Aim of the exercise — Go to the line below containing "pub mod Bytes" and print exactly from there through the line containing "digits-add : (extra", both included. Print nothing else.
[Material shown]
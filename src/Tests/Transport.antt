-- ===== src/Tests/Transport.antt =====
-- The theorems on the workers at concrete runs.
use navigation_robot.Base.{
  ℕ, ◌*◌, ◌^◌, ◌≡◌, min, refl, arith, true, false, some, List, [], ◌∷◌, ◌++◌, map, replicate,
}
use navigation_robot.App.Ticks.{opened, retrying, tx}
use navigation_robot.Transport.{Answer, Move, sends, closes, steps, transmitted}
use navigation_robot.Transport.Serial.{new_serial}
use navigation_robot.Transport.Serial
use navigation_robot.Transport.Tcp.{TcpWorker, new_tcp}
use navigation_robot.Transport.Tcp
use navigation_robot.Transport.Fifo.{Queued, is_over, run-Queued}
use navigation_robot.Transport.Life.{starting, gone, serial_next, tcp_next, follow, Tells}
use navigation_robot.Transport.SerialLife.{serial_ended, serial_run-follow}
use navigation_robot.Transport.TcpLife.{tcp_ended, tcp_run-follow}
use navigation_robot.Transport.Ending.{serial_close-gone}
use navigation_robot.Transport.TcpEnding.{tcp_close-gone}
use navigation_robot.Transport.Retries.{refusals, until_wait, refusals-delay}
use navigation_robot.Transport.Forgetting.{IsSublist, retry-IsSublist}

-- A call that succeeds, with nothing to read, and one that raises.
abbrev calm : Answer
calm = record { raised = false; timed_out = false; now = 5; received = [] }

abbrev breaks : Answer
breaks = record calm { raised = true }

-- Two frames are given to the worker while it opens its port, and one after `close`.
abbrev session : List Move
session =
    sends (1 ∷ []) ∷ map steps (replicate 12 calm)
    ++ (sends (2 ∷ []) ∷ map steps (replicate 4 calm) ++ (closes ∷ sends (3 ∷ []) ∷ []))

run-Queued_example :
    Queued
      (is_over (Serial.run session new_serial).phase)
      ((1 ∷ []) ∷ (2 ∷ []) ∷ [])
      (transmitted (Serial.run session new_serial).events)
      (Serial.run session new_serial).tx
run-Queued_example = run-Queued session

serial_run-follow_example :
    Tells
      (serial_ended (Serial.run session new_serial).phase)
      (follow serial_next (some starting) (Serial.run session new_serial).events)
serial_run-follow_example = serial_run-follow session

tcp_run-follow_example :
    Tells
      (tcp_ended (Tcp.run session new_tcp).phase)
      (follow tcp_next (some starting) (Tcp.run session new_tcp).events)
tcp_run-follow_example = tcp_run-follow session

serial_close-gone_example :
    ((Serial.run (session ++ (closes ∷ map steps (replicate 8 breaks))) new_serial).phase
      ≡ Serial.finished)
    × (follow serial_next
          (some starting)
          (Serial.run (session ++ (closes ∷ map steps (replicate 8 breaks))) new_serial).events
        ≡ some gone)
unfolding Serial.run Serial.move Serial.send Serial.close Serial.step Serial.step_by new_serial
serial_close-gone_example = serial_close-gone session (replicate 8 breaks) (omega arith)

tcp_close-gone_example :
    ((Tcp.run (session ++ (closes ∷ map steps (replicate 8 calm))) new_tcp).phase ≡ Tcp.finished)
    × (follow tcp_next
          (some starting)
          (Tcp.run (session ++ (closes ∷ map steps (replicate 8 calm))) new_tcp).events
        ≡ some gone)
unfolding Tcp.run Tcp.move Tcp.send Tcp.close Tcp.step Tcp.step_by new_tcp
tcp_close-gone_example = tcp_close-gone session (replicate 8 calm) (omega arith)

refusals-delay_example :
    let w = Tcp.run until_wait (Tcp.run (refusals 5) new_tcp) in
    (w.phase ≡ Tcp.waiting)
    × (w.retry_delay ≡ min 10000 (1000 * 2 ^ 5))
    × (w.events ≡ replicate 5 retrying ++ (retrying ∷ []))
refusals-delay_example = refusals-delay 5

-- A worker that has lost its connection while a frame waits; another one is given to it later.
abbrev lost : TcpWorker
lost = record new_tcp {
  tx = (1 ∷ []) ∷ [];
  phase = Tcp.discarding;
  events = opened ∷ tx (7 ∷ []) ∷ [];
}

abbrev later : List Move
later = sends (2 ∷ []) ∷ steps calm ∷ sends (3 ∷ []) ∷ map steps (replicate 8 calm)

retry-IsSublist_example :
    let v = Tcp.step calm lost in
    (v.events ≡ opened ∷ tx (7 ∷ []) ∷ [])
    × ((Tcp.step calm (Tcp.run (map sends ((2 ∷ []) ∷ [])) v)).events
        ≡ opened ∷ tx (7 ∷ []) ∷ retrying ∷ [])
    × ((more : List (List ℕ)) × ((transmitted (Tcp.run later v).events ≡ (7 ∷ []) ∷ more)
          × IsSublist more ((2 ∷ []) ∷ (3 ∷ []) ∷ [])))
unfolding new_tcp
retry-IsSublist_example = retry-IsSublist calm calm ((2 ∷ []) ∷ []) later lost refl
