-- ===== src/Lib.antt =====
-- storage_engine: a single-node key-value store, a write-ahead log in front of a sharded table.
--
-- The program. `DB` (src/db.cc, include/storage_engine/db.h) takes batches of puts and deletes
-- (src/write_batch.cc). `writeGroup` encodes a group of batches as one record of the log, as a
-- scatter list that points into the batches (src/wal.cc, `EncodeBatchFragmentsInto`) or, when the
-- list is too long for one `writev`, in one buffer (`EncodeBatchInto`); it hands the record to the
-- executor of src/io/uring_executor.cc, which writes and syncs it, and only then applies the
-- entries to the table of src/memtable.cc. `recover` reads the log back with `DecodeLog`, replays
-- it into a new table, and cuts a torn tail off.
--
-- The files.
--   Base        names of the libraries, lists, Boolean tests, bits and exclusive or
--   Status      include/storage_engine/status.h: `StatusCode`, `Status`, `Result`
--   Bytes       src/common.h: the fixed-width codecs; Bytes/Fixed describes them by base-256 digits
--   Crc         src/wal.cc: the CRC table, the software and the hardware loop, `Crc32C`
--   Batch       src/write_batch.cc: `WriteBatch`
--   Wal         src/wal.cc: sizes and counts; Wal/Encode: `EncodeBatchInto`; Wal/Fragments:
--               `EncodeBatchFragmentsInto`; Wal/Decode: `DecodeLog`
--   Memtable    src/memtable.h, src/memtable.cc: `Get`, `ApplyBatches`, `Stats`
--   Task        include/storage_engine/task.h: the promise and the task; Task/Ownership: who owns
--               the frames; Task/Wake: `co_await` and `run` against the end of the body
--   Io          src/io/uring_executor.cc: what the awaiters return; src/common.cc
--   Io/Ring     src/io/uring_executor.cc: `submitRaw`, `submitLinked`, `submit`; Io/Ring/Queue is
--               a bounded queue of entries
--   Io/Completions  src/io/uring_executor.cc: `completionLoop`
--   Io/Setup    src/io/uring_executor.cc: `Create`, `init`, `closeRing`
--   Db          src/db.cc: `writeGroup`, `recover`, `Get` and the constructor; Db/Synced is the
--               invariant that the log and the table agree, Db/History a sequence of groups;
--               Db/Store is a plain map, Db/Lives the lives of the database against it, Db/Remains
--               the files that a stop leaves
--   Db/Open     src/db.cc: `Open` and the destructor
--   Db/Api      src/db.cc: `WriteAwaiter` and the operations on it, `DebugStatsForTest`
--   Db/Writers  src/db.cc: `enqueueAsyncWriter`, `writerLoop`, as steps of threads on the queue;
--               Db/Writers/Signals: sleep and notification on `writerCv_`
--   Examples    concrete inputs for the theorems
-- A function keeps its name in snake case; a method that changes its object takes the object first
-- and returns the new one.
--
-- Numbers. All numbers are native; additions of `uint64_t` fields and casts to `uint32_t` are
-- written `% 2 ^ w`. Sums of sizes in memory (`size_t`) do not wrap. A byte is a number; where it
-- matters that it is below 256 a hypothesis says so.
--
-- Fuel. `DecodeLog` runs on one round for each byte of the log and one more, and is proved to
-- return. The loops over eight and four bytes run on the length of their input.
--
-- The rings. Heads and tails are counters of 32 bits that wrap. The sizes are powers of two. The
-- inner loop of `completionLoop` runs on the number of completions that the ring holds, since each
-- round takes one of them.
--
-- Parameters. The kernel (`Kernel`: fstat, readv, writev with fdatasync, ftruncate, fdatasync,
-- strerror; io_uring_setup, mmap and the answers of io_uring_enter), `std::hash`, `bucket_count`, the
-- clock, the capacities of vectors, and the SSE 4.2 instructions are parameters. What the theorems
-- use of them is stated as hypotheses:
-- `IsPositioned` (a complete write puts its bytes at the offset, and no write touches the bytes
-- before it), `Answers` (a recovery in which the kernel reports no error), `HasDistinctMaps`
-- (two mappings have two addresses) and `IsSse42`.
--
-- Threads. What a thread does under `writeMutex_` is one step on the queue; the steps of the callers
-- and of the writer thread interleave freely, and a wait with a time limit may end at any time. In
-- Db/Writers/Steps a wait ends at any time its condition holds; Db/Writers/Signals adds that the
-- thread sleeps until it is notified, where a notification behind the mutex comes at any later time.
-- A submission under `sqMutex_` is one step too; the kernel takes entries between the steps. The
-- steps of a task's body and of the one that waits for it interleave freely; `final_suspend` is two
-- of them. Control goes to the coroutine whose handle is returned or resumed, and to no other.
--
-- Not modelled: what a coroutine does between its suspensions, the creation of directories and
-- threads, the order of memory accesses below the steps above, benchmarks and tests.
pub mod Base
pub mod Status
pub mod Bytes
pub mod Crc
pub mod Batch
pub mod Wal
pub mod Memtable
pub mod Task
pub mod Io
pub mod Db
pub mod Examples
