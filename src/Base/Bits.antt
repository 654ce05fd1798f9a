-- ===== src/Base/Bits.antt =====
-- `|` of disjoint fields and the laws of `^` at variables, from the recursion on binary digits
-- that the native operations stand for.
use Prim.Native.Nat.{digits, bitwise, bit_or-bitwise}
use Prim.Native.Nat.{ℕ, zero, suc, ◌+◌, ◌-◌, ◌*◌, ◌/◌, ◌%◌, ◌^◌, ◌≤◌, ◌<◌, max, bit_or}
use mathlib.Core.Path.{◌≡◌, refl, ap, ◌∙◌}
use native.Mathlib.Nat.{pow-suc}
use native.Mathlib.Omega.{arith}

-- Fuel above the first operand is not used.
module _ (rest : ℕ → ℕ) (op : ℕ → ℕ → ℕ) where
  digits-suc : (x y n : ℕ) → x ≤ n → digits rest op (suc n) x y ≡ digits rest op n x y
  digits-suc zero y zero h = refl
  digits-suc zero y (suc n) h = refl
  digits-suc (suc x) y zero h = absurd (omega arith)
  digits-suc (suc x) y (suc n) h =
      ap (λ (t : ℕ). t * 2 + op (suc x % 2) (y % 2))
        (digits-suc (suc x / 2) (y / 2) n (omega arith))

  digits-add : (extra x y n : ℕ) → x ≤ n → digits rest op (n + extra) x y ≡ digits rest op n x y
  digits-add zero x y n h = ap (λ (k : ℕ). digits rest op k x y) (omega arith)
  digits-add (suc extra) x y n h =
      ap (λ (k : ℕ). digits rest op k x y) {y = suc (n + extra)} (omega arith)
      ∙ digits-suc x y (n + extra) (omega arith)
      ∙ digits-add extra x y n h

  -- The lowest digit of an operation, and the operation on the other digits.
  pub bitwise-suc :
      (x y : ℕ)
      → bitwise rest op (suc x) y ≡ bitwise rest op (suc x / 2) (y / 2) * 2 + op (suc x % 2) (y % 2)
  bitwise-suc x y =
      ap (λ (t : ℕ). t * 2 + op (suc x % 2) (y % 2))
        (ap (λ (k : ℕ). digits rest op k (suc x / 2) (y / 2)) (omega arith)
          ∙ digits-add (x - suc x / 2) (suc x / 2) (y / 2) (suc x / 2) (omega arith))

or_digit : (x y : ℕ) → bit_or x y ≡ bit_or (x / 2) (y / 2) * 2 + max (x % 2) (y % 2)
or_digit zero y = simp bit_or-bitwise (omega arith)
or_digit (suc x) y = simp bit_or-bitwise (bitwise-suc (λ t. t) max x y)

-- `x | (q << k)` is a sum when `x` fits `k` bits.
pub bit_or_high : (k x q : ℕ) → x < 2 ^ k → bit_or x (q * 2 ^ k) ≡ x + q * 2 ^ k
bit_or_high zero x q h = let e : x ≡ 0 = omega arith in rw e (simp bit_or-bitwise (omega arith))
bit_or_high (suc k) x q h = ground (
  arith,
  or_digit x (q * 2 ^ suc k),
  ap (λ (t : ℕ). q * t) (pow-suc 2 k),
  pow-suc 2 k,
  bit_or_high k (x / 2) q (omega (arith, pow-suc 2 k)),
)
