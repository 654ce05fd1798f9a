-- ===== src/Base/Mask.antt =====
-- `x & (2 ^ k - 1)`, and positions that go round a ring whose size is a power of two.
use Prim.Native.Nat.{bit_and, bit_and-bitwise, min}
use Prim.Native.Nat.{ℕ, zero, suc, ◌+◌, ◌-◌, ◌*◌, ◌/◌, ◌%◌, ◌^◌, ◌≤◌, ◌<◌, ◌∣◌}
use mathlib.Core.Path.{◌≡◌, sym, ap, subst, ◌∙◌}
use mathlib.Core.Logic.{◌≢◌}
use native.Mathlib.Nat.{
  pow-suc, mod-lt, mod-mod_of_dvd, mod-eq_of_lt, mod-eq-sub-mod, div-add-mod, mul-add-mod_self_left,
  mod-one, dvd-mul_left, mod-add-mod,
}
use native.Mathlib.Decide.{dec_lt}
use native.Mathlib.Omega.{arith}
use storage_engine.Base.Bits.{bitwise-suc}

and_digit : (x y : ℕ) → bit_and x y ≡ bit_and (x / 2) (y / 2) * 2 + min (x % 2) (y % 2)
and_digit zero y = bit_and-bitwise 0 y ∙ omega (arith, bit_and-bitwise 0 (y / 2))
and_digit (suc x) y =
    bit_and-bitwise (suc x) y
    ∙ bitwise-suc (λ t. 0) min x y
    ∙ ap (λ (t : ℕ). t * 2 + min (suc x % 2) (y % 2)) (sym (bit_and-bitwise (suc x / 2) (y / 2)))

and_zero_fuel : (fuel x : ℕ) → x ≤ fuel → bit_and x 0 ≡ 0
and_zero_fuel fuel zero h = bit_and-bitwise 0 0
and_zero_fuel zero (suc x) h = absurd (omega arith)
and_zero_fuel (suc fuel) (suc x) h =
    omega (arith, and_digit (suc x) 0, and_zero_fuel fuel (suc x / 2) (omega arith))

pub pow-pos : (k : ℕ) → 0 < 2 ^ k
pow-pos zero = omega arith
pow-pos (suc k) = omega (arith, pow-suc 2 k, pow-pos k)

mod_double : (x p : ℕ) → 0 < p → x % (2 * p) ≡ x / 2 % p * 2 + x % 2
mod_double x p h =
    ap (λ (t : ℕ). t % (2 * p)) parts
    ∙ mul-add-mod_self_left (2 * p) (x / 2 / p) (x / 2 % p * 2 + x % 2)
    ∙ mod-eq_of_lt (omega (arith, mod-lt (x / 2) h))
  where
    parts : x ≡ 2 * p * (x / 2 / p) + (x / 2 % p * 2 + x % 2)
    parts = grind (arith, div-add-mod (x / 2) p)

-- The mask of a ring of `2 ^ k` entries takes the remainder.
pub bit_and_mask : (k x : ℕ) → bit_and x (2 ^ k - 1) ≡ x % 2 ^ k
bit_and_mask zero x = and_zero_fuel x x (omega arith) ∙ sym (mod-one x)
bit_and_mask (suc k) x =
    and_digit x (2 ^ suc k - 1)
    ∙ omega (
      arith,
      pow-suc 2 k,
      pow-pos k,
      ap (bit_and (x / 2)) half,
      bit_and_mask k (x / 2),
      mod_double x (2 ^ k) (pow-pos k),
      ap (λ (t : ℕ). x % t) double,
    )
  where
    half : (2 ^ suc k - 1) / 2 ≡ 2 ^ k - 1
    half = omega (arith, pow-suc 2 k, pow-pos k)

    double : 2 ^ suc k ≡ 2 * 2 ^ k
    double = omega (arith, pow-suc 2 k)

pow_split : (k d : ℕ) → 2 ^ (k + d) ≡ 2 ^ d * 2 ^ k
pow_split k zero = ap (λ (t : ℕ). 2 ^ t) {y = k} (omega arith) ∙ omega arith
pow_split k (suc d) =
    ap (λ (t : ℕ). 2 ^ t) {y = suc (k + d)} (omega arith)
    ∙ grind (arith, pow-suc 2 (k + d), pow-suc 2 d, pow_split k d)

-- A counter of 32 bits that wraps stays in step with the ring.
pub wrap-mask : (k x : ℕ) → k ≤ 32 → x % 2 ^ 32 % 2 ^ k ≡ x % 2 ^ k
wrap-mask k x h = mod-mod_of_dvd (2 ^ k) x (
    subst (λ (t : ℕ). 2 ^ k ∣ t) (sym (whole ∙ pow_split k (32 - k)))
      (dvd-mul_left (2 ^ k) (2 ^ (32 - k))))
  where
    whole : 2 ^ 32 ≡ 2 ^ (k + (32 - k))
    whole = ap (λ (t : ℕ). 2 ^ t) {x = 32} (omega (arith, h))

-- Fewer steps than the size of a ring do not come back to the start.
pub around-ne : (m x d : ℕ) → 0 < d → d < m → (x + d) % m ≢ x % m
around-ne m x d pos less same = elim (dec_lt (x % m + d) m) [
  | yes fits ↦ omega (arith, moved, same, mod-eq_of_lt fits)
  | no wraps ↦ omega (
    arith,
    moved,
    same,
    mod-eq-sub-mod {n = x % m + d} {m = m} (omega arith),
    mod-eq_of_lt {n = x % m + d - m} {m = m} (omega (arith, mod-lt x {m = m} (omega arith))),
  )
]
  where
    moved : (x + d) % m ≡ (x % m + d) % m
    moved = sym (mod-add-mod x m d)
[/Material shown]
Problem solution —
pub mod Bytes
pub mod Crc
pub mod Batch
pub mod Wal
pub mod Memtable
pub mod Task
pub mod Io
pub mod Db
pub mod Examples
filename src/Base/Bits.antt
repository 654ce05fd1798f9a
-- ===== src/Base/Bits.antt =====
-- `|` of disjoint fields and the laws of `^` at variables, from the recursion on binary digits
-- that the native operations stand for.
use Prim.Native.Nat.{digits, bitwise, bit_or-bitwise}
use Prim.Native.Nat.{ℕ, zero, suc, ◌+◌, ◌-◌, ◌*◌, ◌/◌, ◌%◌, ◌^◌, ◌≤◌, ◌<◌, max, bit_or}
use mathlib.Core.Path.{◌≡◌, refl, ap, ◌∙◌}
use native.Mathlib.Nat.{pow-suc}
use native.Mathlib.Omega.{arith}

-- Fuel above the first operand is not used.
module _ (rest : ℕ → ℕ) (op : ℕ → ℕ → ℕ) where
  digits-suc : (x y n : ℕ) → x ≤ n → digits rest op (suc n) x y ≡ digits rest op n x y
  digits-suc zero y zero h = refl
  digits-suc zero y (suc n) h = refl
  digits-suc (suc x) y zero h = absurd (omega arith)
  digits-suc (suc x) y (suc n) h =
      ap (λ (t : ℕ). t * 2 + op (suc x % 2) (y % 2))
        (digits-suc (suc x / 2) (y / 2) n (omega arith))

  digits-add : (extra x y n : ℕ) → x ≤ n → digits rest op (n + extra) x y ≡ digits rest op n x y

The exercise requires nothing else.